Portrait of the Artist as a Young Puppy 5/12

aka The Puppy Who Was Death

On hand for today’s roundup are Jason Sanford, Lyda Morehouse, Martin Wisse, John C. Wright, John Scalzi, Brian K. Lowe,  Damien G. Walter, Fred Kiesche, Rebecca Vipond Brink, Megan Baxter, Lis Carey, Brian Niemeier, Lisa J. Goldtstein, James Weber, Keith “Kilo” Watt, The Weasel King, Alexandra Erin, Sonya Craig, Gabe Posey and Christopher Chupik. (Title credit belongs to File 770 contributing editors of the day Steve Moss and Paul Weimer.)

Jason Sanford

“An engaged fandom means “No Award” won’t kill the Hugos” – May 12

No Award won’t mean the death of the Hugos

With voting for the Hugo Awards now open I’m hearing through private messages and on social media how many people have voted. Based on these comments it appears “No Award” is poised to do very well. In fact, I’d be surprised if No Award didn’t win several categories, notably the Novella, Novelette and Short Story categories, along with other categories where the Puppy slates make up all the nominees.

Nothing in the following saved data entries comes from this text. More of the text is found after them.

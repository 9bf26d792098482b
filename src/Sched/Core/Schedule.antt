-- ===== src/Sched/Core/Schedule.antt =====
-- `schedule` loses no process and runs none twice, whatever the class.
use nku_os_2025_lab.Prelude.{
  ℕ, ◌<◌, ◌≡◌, ◌≢◌, refl, sym, ap, subst, ◌∙◌, ◌⊎◌, inl, inr, true, List, [], ◌∷◌, some, NotIn,
  Distinct, length, Perm, Distinct-perm, NotIn-perm, ◌==◌, if◌then◌else◌, ne→==, ==→eq, Bool-cases,
}
use mathlib.Core.List.Perm
use native.Mathlib.Decide.{ℕ_discrete}
use nku_os_2025_lab.Sched.Proc.{runnable, RunQueue, max_process}
use nku_os_2025_lab.Sched.Class.{KeepsStates, Picked, SchedClass}
use nku_os_2025_lab.Sched.Core.{
  System, is_runnable, count_run, proc_run, put_back, take_next, schedule,
}
use nku_os_2025_lab.Sched.Core.PutBack.{
  is_runnable-runnable, competing, count_run-states, count_run-header, IsSystem, Returned,
  put_back-Returned, competing_asleep, competing_idle, competing_ready,
}

-- The queue after the runs of the chosen process are counted: twice when it was not running.
abbrev counted : ℕ → ℕ → RunQueue → RunQueue
counted next current r =
    if next == current then count_run next r else count_run next (count_run next r)

counted-states : (next current : ℕ) (r : RunQueue) → KeepsStates r (counted next current r)
counted-states next current r z = elim (Bool-cases (next == current)) [
  | inl e ↦ rw e (count_run-states next r z)
  | inr e ↦ rw e (count_run-states next (count_run next r) z ∙ count_run-states next r z)
]

counted-header : (next current : ℕ) (r : RunQueue) → (counted next current r).run_list ≡ r.run_list
counted-header next current r = elim (Bool-cases (next == current)) [
  | inl e ↦ rw e (count_run-header next r)
  | inr e ↦ rw e (count_run-header next (count_run next r) ∙ count_run-header next r)
]

module _ (c : SchedClass) where
  counted-holds :
      (next current : ℕ) (r : RunQueue) (xs : List ℕ)
      → c.holds r xs
      → c.holds (counted next current r) xs
  unfolding count_run
  counted-holds next current r xs h = elim (Bool-cases (next == current)) [
    | inl e ↦ rw e (c.holds-put_core r xs next _ _ _ _ h)
    | inr e ↦ rw e (c.holds-put_core _ xs next _ _ _ _ (c.holds-put_core r xs next _ _ _ _ h))
  ]

  -- What choosing the next process leaves.
  record Taken (idle : ℕ) (q : RunQueue) (xs : List ℕ) : Type 0 where
    next : ℕ
    queue : RunQueue
    items : List ℕ
    result : take_next c.ops idle q ≡ some (next, queue)
    valid : c.holds queue items
    outcome : ((xs ≡ []) × (items ≡ []) × (next ≡ idle)) ⊎ Perm (next ∷ items) xs
    states : KeepsStates q queue
    header : queue.run_list ≡ q.run_list

  take_next-Taken : (idle : ℕ) (q : RunQueue) (xs : List ℕ) → c.holds q xs → Taken idle q xs
  unfolding take_next
  take_next-Taken idle q [] h = record {
    next = idle;
    queue = q;
    items = [];
    result = rw (c.pick_next_none q h);
    valid = h;
    outcome = inl (refl, refl, refl);
    states = λ z. refl;
    header = refl;
  }
  take_next-Taken idle q (x ∷ xs) h =
      let k : Picked c.holds q (x ∷ xs) c.pick_next c.dequeue = c.pick_next-Picked q x xs h in
      let nonzero : k.next ≢ 0 =
        λ e. (NotIn-perm 0 (Perm.symm k.perm) (c.holds-apart q (x ∷ xs) h).1).0 e in
      record {
        next = k.next;
        queue = k.queue;
        items = k.items;
        result = rw k.pick_result (rw (ne→== k.next 0 nonzero) (rw k.dequeue_result));
        valid = k.valid;
        outcome = inr k.perm;
        states = k.states;
        header = k.header;
      }

  -- What `schedule` leaves.
  pub record Schedules (s : System) (xs : List ℕ) : Type 0 where
    pub system : System
    pub items : List ℕ
    pub result : schedule c.ops s ≡ some system
    pub valid : IsSystem c system items
    pub outcome :
        ((competing s xs ≡ []) × (items ≡ []) × (system.current ≡ s.idleproc))
        ⊎ Perm (system.current ∷ items) (competing s xs)
    pub states : KeepsStates s.rq system.rq

  competing-NotIn :
      (s : System) (xs : List ℕ) (z : ℕ)
      → (is_runnable (s.rq.proc s.current).state ≡ true → s.current ≢ s.idleproc → s.current ≢ z)
      → NotIn z xs
      → NotIn z (competing s xs)
  competing-NotIn s xs z f h = elim (Bool-cases (is_runnable (s.rq.proc s.current).state)) [
    | inr r ↦ subst (NotIn z) (sym (competing_asleep c s xs r)) h
    | inl r ↦ elim (ℕ_discrete s.current s.idleproc) [
      | yes i ↦ subst (NotIn z) (sym (competing_idle c s xs r i)) h
      | no i ↦ subst (NotIn z) (sym (competing_ready c s xs r i)) (f r i, h)
    ]
  ]

  competing-Distinct : (s : System) (xs : List ℕ) → IsSystem c s xs → Distinct (competing s xs)
  competing-Distinct s xs v =
      let d : Distinct xs = (c.holds-apart s.rq xs v.queued).0 in
      elim (Bool-cases (is_runnable (s.rq.proc s.current).state)) [
        | inr r ↦ subst Distinct (sym (competing_asleep c s xs r)) d
        | inl r ↦ elim (ℕ_discrete s.current s.idleproc) [
          | yes i ↦ subst Distinct (sym (competing_idle c s xs r i)) d
          | no i ↦ subst Distinct (sym (competing_ready c s xs r i)) (v.running, d)
        ]
      ]

  schedule_run :
      (s : System) (q r : RunQueue) (next : ℕ)
      → put_back c.ops s ≡ some q
      → take_next c.ops s.idleproc q ≡ some (next, r)
      → schedule c.ops s ≡ some (record s { rq = counted next s.current r; current = next })
  unfolding schedule proc_run
  schedule_run s q r next a b = rw a (
      rw b (elim (Bool-cases (next == s.current)) [
        | inl e ↦ rw e (
            ap (λ w. some (record s { rq = count_run next r; current = w }))
              (sym (==→eq next s.current e)))
        | inr e ↦ rw e
      ]))

  -- Nothing is queued after the choice that was not queued before it.
  items-NotIn :
      (idle : ℕ) (q : RunQueue) (xs : List ℕ) (t : Taken idle q xs) (z : ℕ)
      → NotIn z xs
      → NotIn z t.items
  items-NotIn idle q xs t z h = elim t.outcome [
    | inl o ↦ subst (NotIn z) (sym o.1) tt
    | inr p ↦ (NotIn-perm z (Perm.symm p) h).1
  ]

  -- The chosen process is not queued any more.
  next-NotIn :
      (idle : ℕ) (q : RunQueue) (xs : List ℕ) (t : Taken idle q xs)
      → Distinct xs
      → NotIn t.next t.items
  next-NotIn idle q xs t d = elim t.outcome [
    | inl o ↦ subst (NotIn t.next) (sym o.1) tt
    | inr p ↦ (Distinct-perm (Perm.symm p) d).0
  ]

  -- The chosen process differs from what neither the queue nor the idle process is.
  next-ne :
      (idle : ℕ) (q : RunQueue) (xs : List ℕ) (t : Taken idle q xs) (z : ℕ)
      → NotIn z xs
      → idle ≢ z
      → t.next ≢ z
  next-ne idle q xs t z h k = elim t.outcome [
    | inl o ↦ λ e. k (sym o.2 ∙ e)
    | inr p ↦ (NotIn-perm z (Perm.symm p) h).0
  ]

  outcome-competing :
      (s : System) (xs : List ℕ) (b : Returned c s xs) (t : Taken s.idleproc b.queue b.items)
      → ((competing s xs ≡ []) × (t.items ≡ []) × (t.next ≡ s.idleproc))
        ⊎ Perm (t.next ∷ t.items) (competing s xs)
  outcome-competing s xs b t = elim t.outcome [
    | inl o ↦ inl (sym (Perm.nil-eq (subst (λ w. Perm w (competing s xs)) o.0 b.perm)), o.1, o.2)
    | inr p ↦ inr (Perm.trans p b.perm)
  ]

  -- After the switch the system is valid again.
  started-IsSystem :
      (s : System) (xs : List ℕ)
      → IsSystem c s xs
      → (b : Returned c s xs) (t : Taken s.idleproc b.queue b.items)
      → IsSystem c (record s { rq = counted t.next s.current t.queue; current = t.next }) t.items
  started-IsSystem s xs v b t =
      let back : (z : ℕ) → NotIn z (competing s xs) → NotIn z b.items =
        λ z h. NotIn-perm z (Perm.symm b.perm) h in
      let apart = c.holds-apart b.queue b.items b.valid in
      let header = counted-header t.next s.current t.queue ∙ t.header ∙ b.header in
      record {
        queued = counted-holds t.next s.current t.queue t.items t.valid;
        ready = λ z n.
            let asleep : (s.rq.proc z).state ≢ runnable =
              λ e. n (counted-states t.next s.current t.queue z ∙ t.states z ∙ b.states z ∙ e) in
            items-NotIn s.idleproc b.queue b.items t z (
              back z (
                competing-NotIn s xs z
                  (λ r k e.
                    asleep
                      (subst (λ w. (s.rq.proc w).state ≡ runnable) e (is_runnable-runnable _ r)))
                  (v.ready z asleep)));
        running = next-NotIn s.idleproc b.queue b.items t apart.0;
        idle =
            items-NotIn s.idleproc b.queue b.items t s.idleproc
              (back s.idleproc (competing-NotIn s xs s.idleproc (λ r k. k) v.idle));
        current_proc = (
          next-ne s.idleproc b.queue b.items t 0 apart.1 v.idle_proc.0,
          λ e.
              next-ne s.idleproc b.queue b.items t s.rq.run_list
                (subst (λ h. NotIn h b.items) b.header apart.2) v.idle_proc.1 (e ∙ header),
        );
        idle_proc = (v.idle_proc.0, λ e. v.idle_proc.1 (e ∙ header));
      }

  started :
      (s : System) (xs : List ℕ)
      → IsSystem c s xs
      → (b : Returned c s xs) → Taken s.idleproc b.queue b.items
      → Schedules s xs
  started s xs v b t = record {
    system = record s { rq = counted t.next s.current t.queue; current = t.next };
    items = t.items;
    result = schedule_run s b.queue t.queue t.next b.result t.result;
    valid = started-IsSystem s xs v b t;
    outcome = outcome-competing s xs b t;
    states = λ z. counted-states t.next s.current t.queue z ∙ t.states z ∙ b.states z;
  }

  -- Under any scheduling class, `schedule` on a valid system with fewer than MAX_PROCESS queued
  -- processes passes the assertions and leaves a valid system. The process that now runs and the
  -- queued ones together are exactly the processes that competed before: those queued, and the
  -- current one if it can run and is not the idle process. If none competed, the idle process
  -- runs. No process changes its state.
  pub schedule-Schedules :
      (s : System) (xs : List ℕ) → IsSystem c s xs → length xs < max_process → Schedules s xs
  schedule-Schedules s xs v few =
      let b = put_back-Returned c s xs v few in
      started s xs v b (take_next-Taken s.idleproc b.queue b.items b.valid)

Despite what the Puppies will try to say if No Award wins, this doesn’t result from some organized attack on their slate. Instead, most Hugo voters appear to be reading the nominees and deciding that many of them are not worthy of being on the final ballot. A smaller group of voters appear to be voting No Award because they dislike how the Hugos were politicized.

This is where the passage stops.